Depuis sa réhabilitation, il y a deux ans, aucun des agents du Conseil national de la démocratie (CND) n’a perçu le moindre salaire.

Me Séraphin Ndaot Rembogo, président du CND, le 12 avril 2017 à Angondjé. © D.R.

 

La nouvelle à de quoi surprendre. Pourtant, Me Séraphin Ndaot Rembogo l’assure, il n’y a rien de plus vrai. «Depuis que le CND a été remis en place, c’est-à-dire depuis bientôt deux ans, aucun employé à ce jour n’a perçu le moindre salaire, je dis bien, personne des 50 agents qui ont vraiment frappé à toutes les portes, n’ont perçu ni salaire, ni avance sur salaire, même ceux qui ont été nommés en Conseil des ministres», a déploré le président de l’institution, mercredi 12 avril, profitant de la présence des membres du gouvernement à la cérémonie d’ouverture de la phase politique du dialogue national à Angondjé.

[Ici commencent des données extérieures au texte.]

-- ===== src/SafePaths.antt =====
-- src/acornfs/safe_paths.py: the writing of private state. What `os.write` answers is a
-- script; the other calls are answered by the host, also with the death of the process. The traversal of the
-- directories is one call.
pub mod Progress
pub mod Atomic
use nautilus_acornfs.Prelude.{
  ℕ, zero, suc, Bool, true, false, ◌||◌, Option, none, some, List, [], ◌∷◌, ◌++◌, take, drop,
  if◌then◌else◌,
}
use nautilus_acornfs.Prelude.Text.{Text, Bytes, codes, text_eq}
use nautilus_acornfs.Prelude.Result.{Error, Result, ok, err, acornfs_error, os_error, process_death}
use nautilus_acornfs.Prelude.Exec.{Exec, pure, raise, raise_when, modify, ◌>>=◌, ◌>>◌}

-- An answer of `os.write`.
pub data Write : Type 0 where
  interrupted : Write
  wrote : ℕ → Write
  refused : Error → Write

abbrev pub Written : Type 0
Written = Option (Result (Unit {0}) × Bytes)

-- What follows an answer, for the first byte of the view and the rest of it.
abbrev pub after_call : (Bytes → Bytes → Written) → Write → ℕ → Bytes → Bytes → Written
after_call next interrupted b view written = next (b ∷ view) written
after_call next (refused error) b view written = some (err error, written)
after_call next (wrote zero) b view written = some (err os_error, written)
after_call next (wrote (suc n)) b view written = next (drop n view) (written ++ (b ∷ take n view))

-- The loop of `_write_all` from a call on, behind what is written; `none` where the fuel ends first.
unfoldable pub write_all : (ℕ → Write) → ℕ → ℕ → Bytes → Bytes → Written
write_all os zero call view written = none
write_all os (suc fuel) call [] written = some (ok tt, written)
write_all os (suc fuel) call (b ∷ view) written =
    after_call (write_all os fuel (suc call)) (os call) b view written

pub record Host : Type 0 where
  pub answer : ℕ → Result (Unit {0})
  pub write : ℕ → Write
  pub fuel : ℕ

-- The file, and the temporary file beside it.
pub record Directory : Type 0 where
  pub made : ℕ
  pub target : Option Bytes
  pub temporary : Option Bytes

abbrev pub is_unsafe_name : Text → Bool
is_unsafe_name name = text_eq name [] || (text_eq name (codes ".") || text_eq name (codes ".."))

abbrev pub is_death : Error → Bool
is_death process_death = true
is_death _ = false

module _ (h : Host) where
  abbrev pub perform : Exec Directory (Unit {0})
  perform s = (h.answer s.made, record s { made = suc s.made })

  -- A write that never ends is like one at which the process dies.
  abbrev pub after_write : Written → Exec Directory (Unit {0})
  after_write none s = (err process_death, s)
  after_write (some (result, written)) s = (result, record s { temporary = some written })

  abbrev pub replace_target : Exec Directory (Unit {0})
  replace_target = perform >> modify (λ s. record s { target = s.temporary; temporary = none })

  -- The temporary file is given its mode, flushed and closed, and takes the file's place.
  unfoldable pub publish : Exec Directory (Unit {0})
  publish = do perform; perform; perform; replace_target; perform

  unfoldable pub replace_with : Bytes → Exec Directory (Unit {0})
  unfolding write_all publish
  replace_with content = do
    perform
    modify (λ s. record s { temporary = some [] })
    after_write (write_all h.write h.fuel 0 content [])
    publish

  abbrev pub is_absent : Option Bytes → Bool
  is_absent none = true
  is_absent (some bytes) = false

  -- `with suppress(OSError): os.unlink(temporary_name)`
  abbrev pub removed : Result (Unit {0}) → Directory → Directory
  removed (ok done) s = record s { temporary = none }
  removed (err error) s = s

  abbrev pub cleaned : Result (Unit {0}) → Exec Directory (Unit {0})
  cleaned (ok done) s = (ok tt, s)
  cleaned (err error) s =
      if is_death error || is_absent s.temporary
      then (err error, s)
      else let (result, after) = perform s in (err error, removed result after)

  abbrev pub attempted : Exec Directory (Unit {0}) → Exec Directory (Unit {0})
  attempted m s = let (result, after) = m s in cleaned result after

  unfoldable pub atomic_write_private_text : Text → Bytes → Exec Directory (Unit {0})
  unfolding replace_with
  atomic_write_private_text name content = do
    raise_when (is_unsafe_name name) acornfs_error
    perform
    attempted (replace_with content)
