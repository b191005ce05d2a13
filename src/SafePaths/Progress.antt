-- ===== src/SafePaths/Progress.antt =====
-- The loop of `_write_all`.
use nautilus_acornfs.Prelude.{
  ℕ, zero, suc, ◌+◌, ◌≤◌, ◌≡◌, ◌∙◌, refl, sym, ap, subst, some, [], ◌∷◌, ◌++◌, take, drop, length,
  length-drop, take-append-drop, arith,
}
use mathlib.Core.List.{append_assoc, append-nil}
use nautilus_acornfs.Prelude.Text.{Bytes}
use nautilus_acornfs.Prelude.Result.{ok}
use nautilus_acornfs.SafePaths.{Write, interrupted, wrote, refused, after_call, write_all}

whole :
    (b : ℕ) (view written : Bytes) (n : ℕ)
    → (written ++ (b ∷ take n view)) ++ drop n view ≡ written ++ (b ∷ view)
whole b view written n =
    append_assoc written (b ∷ take n view) (drop n view)
    ∙ ap (λ xs. written ++ (b ∷ xs)) (take-append-drop n view)

-- A loop that returns has written the view behind what was written.
pub write_all-eq :
    (os : ℕ → Write) (fuel call : ℕ) (view written out : Bytes)
    → write_all os fuel call view written ≡ some (ok tt, out)
    → out ≡ written ++ view
unfolding write_all
write_all-eq os zero call view written out e = absurd (cc e)
write_all-eq os (suc fuel) call [] written out e =
    let same : written ≡ out = cc e in sym same ∙ sym (append-nil written)
write_all-eq os (suc fuel) call (b ∷ view) written out e =
    step (λ v w. write_all-eq os fuel (suc call) v w out) (os call) refl
  where
    at :
        {w : Write}
        → os call ≡ w
        → after_call (write_all os fuel (suc call)) w b view written ≡ some (ok tt, out)
    at {w} p =
        subst (λ v. after_call (write_all os fuel (suc call)) v b view written ≡ some (ok tt, out))
          p e

    step :
        ((v w : Bytes) → write_all os fuel (suc call) v w ≡ some (ok tt, out) → out ≡ w ++ v)
        → (w : Write) → os call ≡ w
        → out ≡ written ++ (b ∷ view)
    step rest interrupted p = rest (b ∷ view) written (at p)
    step rest (refused error) p = absurd (cc (at p))
    step rest (wrote zero) p = absurd (cc (at p))
    step rest (wrote (suc n)) p =
        rest (drop n view) (written ++ (b ∷ take n view)) (at p) ∙ whole b view written n

abbrev pub IsProgress : Write → Type 0
IsProgress (wrote (suc n)) = Unit
IsProgress (wrote zero) = ⊥
IsProgress interrupted = ⊥
IsProgress (refused error) = ⊥

abbrev pub IsRunning : Write → Type 0
IsRunning interrupted = Unit
IsRunning (wrote (suc n)) = Unit
IsRunning (wrote zero) = ⊥
IsRunning (refused error) = ⊥

-- A system that never refuses a write, and that from any call on makes progress at some later one.
pub record IsFair (os : ℕ → Write) : Type 0 where
  pub runs : (call : ℕ) → IsRunning (os call)
  pub later : (call : ℕ) → ℕ
  pub progress : (call : ℕ) → IsProgress (os (call + later call))

abbrev pub Finishes : (ℕ → Write) → ℕ → Bytes → Bytes → Type 0
Finishes os call view written =
    (fuel : ℕ) × (write_all os fuel call view written ≡ some (ok tt, written ++ view))

-- Up to the next progress, where what follows finishes.
waits :
    (os : ℕ → Write) (bound : ℕ) (fair : IsFair os)
    → ((call : ℕ) (view written : Bytes) → length view ≤ bound → Finishes os call view written)
    → (distance call : ℕ) (b : ℕ) (view written : Bytes) → length view ≤ bound
    → IsProgress (os (call + distance))
    → Finishes os call (b ∷ view) written
unfolding write_all
waits os bound fair next zero call b view written le p = at_progress (os call) refl
  where
    idle_progress : {w : Write} → os call ≡ w → IsProgress w
    idle_progress q = subst IsProgress q (subst (λ k. IsProgress (os k)) (omega arith) p)

    at_progress : (w : Write) → os call ≡ w → Finishes os call (b ∷ view) written
    at_progress (wrote (suc n)) q =
        let (fuel, done) =
          next (suc call) (drop n view) (written ++ (b ∷ take n view))
            (omega (arith, le, length-drop n view)) in
        (suc fuel, rw q (done ∙ ap (λ x. some (ok tt, x)) (whole b view written n)))
    at_progress (wrote zero) q = absurd (idle_progress q)
    at_progress interrupted q = absurd (idle_progress q)
    at_progress (refused error) q = absurd (idle_progress q)
waits os bound fair next (suc distance) call b view written le p =
    at_any
      (waits os bound fair next distance (suc call) b view written le
        (subst (λ k. IsProgress (os k)) (omega arith) p))
      (os call) refl
  where
    at_any :
        Finishes os (suc call) (b ∷ view) written
        → (w : Write) → os call ≡ w
        → Finishes os call (b ∷ view) written
    at_any (fuel, done) interrupted q = (suc fuel, rw q done)
    at_any later (wrote (suc n)) q =
        let (fuel, done) =
          next (suc call) (drop n view) (written ++ (b ∷ take n view))
            (omega (arith, le, length-drop n view)) in
        (suc fuel, rw q (done ∙ ap (λ x. some (ok tt, x)) (whole b view written n)))
    at_any later (wrote zero) q = absurd (subst IsRunning q (fair.runs call))
    at_any later (refused error) q = absurd (subst IsRunning q (fair.runs call))

finishes :
    (os : ℕ → Write) (fair : IsFair os) (bound call : ℕ) (view written : Bytes)
    → length view ≤ bound
    → Finishes os call view written
unfolding write_all
finishes os fair bound call [] written le =
    (1, ap (λ x. some (ok tt, x)) (sym (append-nil written)))
finishes os fair zero call (b ∷ view) written le = absurd (omega (arith, le))
finishes os fair (suc bound) call (b ∷ view) written le =
    waits os bound fair (finishes os fair bound) (fair.later call) call b view written
      (omega (arith, le)) (fair.progress call)

-- Where the system never refuses a write, and from any call on makes progress at some later one, the loop ends
-- and has written the whole content, however often it is interrupted and however little each write takes.
pub write_all_lem :
    (os : ℕ → Write) (content : Bytes)
    → IsFair os
    → (fuel : ℕ) × (write_all os fuel 0 content [] ≡ some (ok tt, content))
write_all_lem os content fair = finishes os fair (length content) 0 content [] (omega arith)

La principale raison de cette situation, il la voit dans le fait que l’administration publique ne soit pas parvenue jusque-là à définir exactement le statut du CND. Tantôt perçue comme une «simple autorité administrative indépendante», tantôt présenté comme une «institution non constitutionnelle», le statut juridique dudit conseil n’a pas été exactement défini jusque-là. «A ce jour, a fait remarquer Me Ndaot Rembogo, les ministères de la Fonction publique et du Budget n’arrivent toujours pas à définir clairement la nature juridique du Conseil national de la démocratie et le statut du personnel qui y travaille». Or, «l’absence de détermination de la nature juridique de cet organe, pose des problèmes qui ont des conséquences sociales importantes».

Pourtant, malgré cette difficile situation aucune grève n’a été déplorée au CND à l’initiative des 50 agents. Le président de l’institution y voit une raison : le «patriotisme» de ces derniers. «Mais pour combien de temps encore ?», s’est inquiété Me Séraphin Ndaot Rembogo, avant d’exhorter les autorités compétentes à regarder «avec objectivité la situation déplorable de ses pères et mères de famille en désarroi».

Si le président est obligé de contenter ses collaborateurs en piochant dans le budget alloué à l’institution, il ne reste pas moins que ce budget n’a jamais été versé intégralement. «En 2015, sur un budget de 600 millions de francs CFA, le CND n’a reçu que 190 millions, soit 29% de cette enveloppe. En 2016, sur un budget de 900 millions, le CND n’a perçu que 320 millions, soit 29% de cette dotation. En 2017, le CND n’a reçu à ce jour que 71 millions, sur une enveloppe prévue de 900 millions de francs.» relate Me Séraphin Ndaot Rembogo.